Şia’nın büyük Ayetullah’ı Humeyni’nin yukarıda söylediği sözde apaçık bir delildir ki; Şia Kuran’ın büyük bir bölümünü tahrif etmiştir. Ve yapılan tüm bu tahrifler tefsir ve tevil adı altında yapılıyor.
Allah’tan Müstahak oldukları şey kendilerinin üzerlerine olsun! Âmin
2-İnişindeki Tahrif İthamı:
Allah’ın kitabını tevil ve tefsirle tahrif etmeleriyle yetinmedikleri gibi, bilakis haddi Daha da asarak Kur’an-ı Kerim’in indirilmiş olan ayetlerinin apaçık bir şekilde orijinal Metinlerinin tahrif edildiğini beyan etmektedirler. Söyledikleri şey ne kadar da kötüdür! Burada onların itimat edilmiş, kendi kaynaklarından bunu ortaya koyan delilleri sıralayacağız: El-Kâfi’de geçen bir hadiste: Ebu Ca’fer (a.s)’dan: diyor ki:
“İnsanlardan kim Kur’an-ı Kerim in ilk indirildiği gibi tam olduğunu söylerse yalan söylemiştir. Allah onu indirdiği gibi Toplayıp korumadı tabi Ali bin Ebi Talib, İmamlar ve ondan sonra gelenler müstesna” (21 )

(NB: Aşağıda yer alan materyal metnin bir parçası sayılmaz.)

-- ===== src/Dhcp/Panics.antt =====
-- An address of IPv6 among the gateways.
use teleskop.Common.{ℕ, ◌≡◌, refl, false, none, some, List, [], eq_bytes}
use teleskop.Dhcp.Packet.{Options, put_option, slice, Packet, Constants, Interface, DhcpLease}
use teleskop.Dhcp.Response.{
  not_nil, four, with_dns, with_metadata, with_gateway, first_options, last_v4, make_response,
  pointer,
}
use teleskop.Go.Error.{Outcome, ok, err, panic, or_else, plain, wrapped, ◌>>=◌}
use teleskop.Go.Net.{Net}
use teleskop.Go.Net.To4.{to4}

bind_panics :
    {A B : Type 0} (o : Outcome A) (f g : A → Outcome B) (b : B)
    → ((a : A) → f a ≡ ok b → g a ≡ panic)
    → (o >>= f) ≡ ok b
    → (o >>= g) ≡ panic
bind_panics (ok a) f g b next h = next a h
bind_panics (err e) f g b next h = cc
bind_panics panic f g b next h = refl

module _ (net : Net) (constants : Constants) (intf : Interface) (req : Packet)
    (lease : DhcpLease) where
  -- The same lease, with no gateway.
  abbrev pub without_gateway : DhcpLease
  without_gateway = record lease { gateway = [] }

  gateway_panics :
      (addr : List ℕ) (options : Options)
      → eq_bytes lease.gateway [] ≡ false
      → net.parse_ip lease.gateway ≡ some addr
      → to4 addr ≡ none
      → with_gateway net constants lease options ≡ panic
  unfolding with_gateway not_nil four
  gateway_panics addr options there parsed v6 = rw (there, parsed, v6) refl

  -- makeResponse panics on a lease whose gateway parses to an address of IPv6, where it would answer the
  -- lease without the gateway.
  pub make_response_v6_gateway :
      (addr : List ℕ) (resp : Packet)
      → eq_bytes lease.gateway [] ≡ false
      → net.parse_ip lease.gateway ≡ some addr
      → to4 addr ≡ none
      → make_response net constants intf req (some without_gateway) ≡ ok resp
      → make_response net constants intf req (some lease) ≡ panic
  unfolding make_response pointer with_dns with_metadata
  make_response_v6_gateway addr resp there parsed v6 h =
      bind_panics (or_else intf.addrs (wrapped "failed to get interface address: %w")) _ _ resp
        (λ addrs.
          bind_panics
            (not_nil (plain "failed to parse interface address: %w") (last_v4 net none addrs)) _ _
            resp
            λ s_addr.
              bind_panics (not_nil (plain "failed to parse IP: %w") (net.parse_ip lease.ip)) _ _
                resp
                λ your_addr.
                  bind_panics
                    (or_else (net.parse_cidr lease.network) (wrapped "failed to parse network: %w"))
                    _ _ resp
                    λ cidr.
                      bind_panics
                        (with_dns net constants lease
                          (first_options constants cidr.2 (slice (to4 s_addr))))
                        _ _ resp
                        λ with_name.
                          bind_panics (with_metadata net lease (put_option 121 [] with_name)) _ _
                            resp
                            λ with_route h'.
                              rw (gateway_panics addr with_route there parsed v6) refl)
        h
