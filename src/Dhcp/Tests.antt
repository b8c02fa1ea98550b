-- ===== src/Dhcp/Tests.antt =====
-- The DHCP server on concrete leases.
use teleskop.Common.{
  ℕ, zero, suc, ◌≡◌, refl, false, none, some, List, [], ◌∷◌, ◌++◌, arith, eq_bytes, if◌then◌else◌,
  replicate,
}
use teleskop.Dhcp.Address.{IsLast, v4_all, make_response_server}
use teleskop.Dhcp.Lease.{lease_routes, make_response_routes}
use teleskop.Dhcp.Loop.{Received, serve_rounds_error}
use teleskop.Dhcp.Packet.{
  put_option, append_option, Packet, Constants, Interface, DhcpLease, Wire, no_options,
}
use teleskop.Dhcp.Panics.{make_response_v6_gateway, without_gateway}
use teleskop.Dhcp.Response.{
  pointer, not_nil, four, take_v4, last_v4, with_dns, with_metadata, with_gateway, first_options,
  response_type, make_response,
}
use teleskop.Dhcp.Routes.{read_routes}
use teleskop.Dhcp.Server.{handle, serve_rounds}
use teleskop.Go.Action.{Action, pure, raise}
use teleskop.Go.Error.{ok, err, panic, external, wrapped}
use teleskop.Go.Net.{Net}
use teleskop.Go.Net.To4.{to4}
use teleskop.Go.Text.{Text, codes, has_prefix}

-- The texts 4 and 6 stand for an address of IPv4 and one of IPv6.
abbrev v4_text : Text
v4_text = b'4' ∷ []

abbrev v6_text : Text
v6_text = b'6' ∷ []

abbrev pub v4_address : List ℕ
v4_address = replicate 10 0 ++ 255 ∷ 255 ∷ 192 ∷ 0 ∷ 2 ∷ 1 ∷ []

abbrev v6_address : List ℕ
v6_address = 32 ∷ 1 ∷ replicate 14 0

abbrev pub net : Net
net = record {
  parse_ip = λ s.
      if eq_bytes s v4_text
      then some v4_address
      else if eq_bytes s v6_text
      then some v6_address
      else none;
  ip_string = λ ip. v4_text;
  parse_mac = λ s. ok [];
  mac_string = λ mac. [];
  parse_cidr = λ s. ok (v4_address, 192 ∷ 0 ∷ 2 ∷ 0 ∷ [], 255 ∷ 255 ∷ 255 ∷ 0 ∷ []);
  mask_size = λ mask. 24;
}

abbrev pub constants : Constants
constants = record {
  msg_discover = 1;
  msg_offer = 2;
  msg_request = 3;
  msg_ack = 5;
  opt_subnet_mask = 1;
  opt_server_identifier = 54;
  opt_lease_time = 51;
  opt_dns_servers = 6;
  opt_routers = 3;
}

abbrev pub intf : Interface
intf = record { name = codes "dhcp-br0"; addrs = ok (v4_text ∷ []) }

abbrev pub req : Packet
req = record {
  type = 1;
  transaction_id = 1 ∷ 2 ∷ 3 ∷ 4 ∷ [];
  broadcast = false;
  hardware_addr = replicate 6 0;
  your_addr = [];
  server_addr = [];
  relay_addr = [];
  boot_server_name = [];
  options = no_options;
}

abbrev pub lease : DhcpLease
lease = record {
  ip = v4_text;
  network = v4_text;
  gateway = v4_text;
  dns_server = [];
  metadata_server = v4_text;
}

abbrev v6_lease : DhcpLease
v6_lease = record lease { gateway = v6_text }

abbrev pub server : List ℕ
server = 192 ∷ 0 ∷ 2 ∷ 1 ∷ []

abbrev metadata_response : Packet
metadata_response = record req {
  type = 2;
  your_addr = v4_address;
  server_addr = server;
  boot_server_name = v4_text;
  options =
      append_option 121 (32 ∷ 169 ∷ 254 ∷ 169 ∷ 254 ∷ server)
        (put_option 121 [] (first_options constants (255 ∷ 255 ∷ 255 ∷ 0 ∷ []) server));
}

abbrev pub response : Packet
response = record metadata_response {
  options = append_option 121 (0 ∷ server) (put_option 3 server metadata_response.options);
}

pub answers : make_response net constants intf req (some lease) ≡ ok response
unfolding make_response pointer not_nil four take_v4 last_v4 with_dns with_metadata with_gateway
    response_type to4 eq_bytes
answers = refl

make_response_routes_example :
    (bytes : List ℕ) × (response.options 121 ≡ some bytes)
    × (read_routes bytes ≡ some (lease_routes net lease))
make_response_routes_example =
    make_response_routes net constants intf req lease response (λ e. ground arith) answers

answers_without_gateway :
    make_response net constants intf req (some (without_gateway net constants intf req v6_lease))
    ≡ ok metadata_response
unfolding make_response pointer not_nil four take_v4 last_v4 with_dns with_metadata with_gateway
    response_type to4 eq_bytes
answers_without_gateway = refl

make_response_v6_gateway_example : make_response net constants intf req (some v6_lease) ≡ panic
make_response_v6_gateway_example =
    make_response_v6_gateway net constants intf req v6_lease v6_address metadata_response
      (unfold eq_bytes in refl) (unfold eq_bytes in refl) (unfold to4 eq_bytes in refl)
      answers_without_gateway

-- The host counts the packets to come; there is no lease for any of them.
abbrev next_packet : Action ℕ (Packet × Interface)
next_packet zero = (err (external "closed"), 0)
next_packet (suc n) = (ok (req, intf), n)

abbrev wire : Wire ℕ
wire = record {
  new_conn = λ address. pure tt;
  close = pure tt;
  recv_dhcp = next_packet;
  send_dhcp = λ resp to. pure tt;
  get_dhcp_lease = λ mac. raise (external "no lease");
}

serve_rounds_error_example :
    Received net constants wire (wrapped "failed to receive DHCP request: %w" (external "closed"))
serve_rounds_error_example =
    serve_rounds_error net constants wire 3 2
      (wrapped "failed to receive DHCP request: %w" (external "closed"))
      (unfold serve_rounds handle codes has_prefix in refl)

make_response_server_example :
    (addrs : List Text) × (intf.addrs ≡ ok addrs) × IsLast response.server_addr (v4_all net addrs)
make_response_server_example = make_response_server net constants intf req lease response answers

Bunun manası: Müslümanların ezberlediği ve Nebi (s.a.v) in zamanında sahabelerin Birbirlerine naklederek günümüze kadar gelen Allah’ın kitabı, İmamların ezberlediği Kuran degildir. Kendilerinin de apaçık belirttikleri gibi imamların ezberledikleri Kur’an ile Müslümanların şuan elinde bulunan Kur’an farklıdır! İşte bu apaçık bir tahriftir. el-Kafi’de geçen başka bir hadiste: “Ebu Ca’fer (a.s)’dan: O’na dedim ki:
Niçin Mü’minlerin Emiri olarak isimlendirildi? (yani Ali bin Ebi Talib) ve O’da dedi ki: Çünkü Allah onu öyle isimlendirdi. “Allah Ademoğullarından, zürriyetlerini bellerinden çıkardı ve onları kendilerine şahit tuttu ve dedi ki: Ben sizin Rabbiniz Muhammed’ de elçim ve Ali’de Müminlerin Emiri değil mi? dedi.”(22)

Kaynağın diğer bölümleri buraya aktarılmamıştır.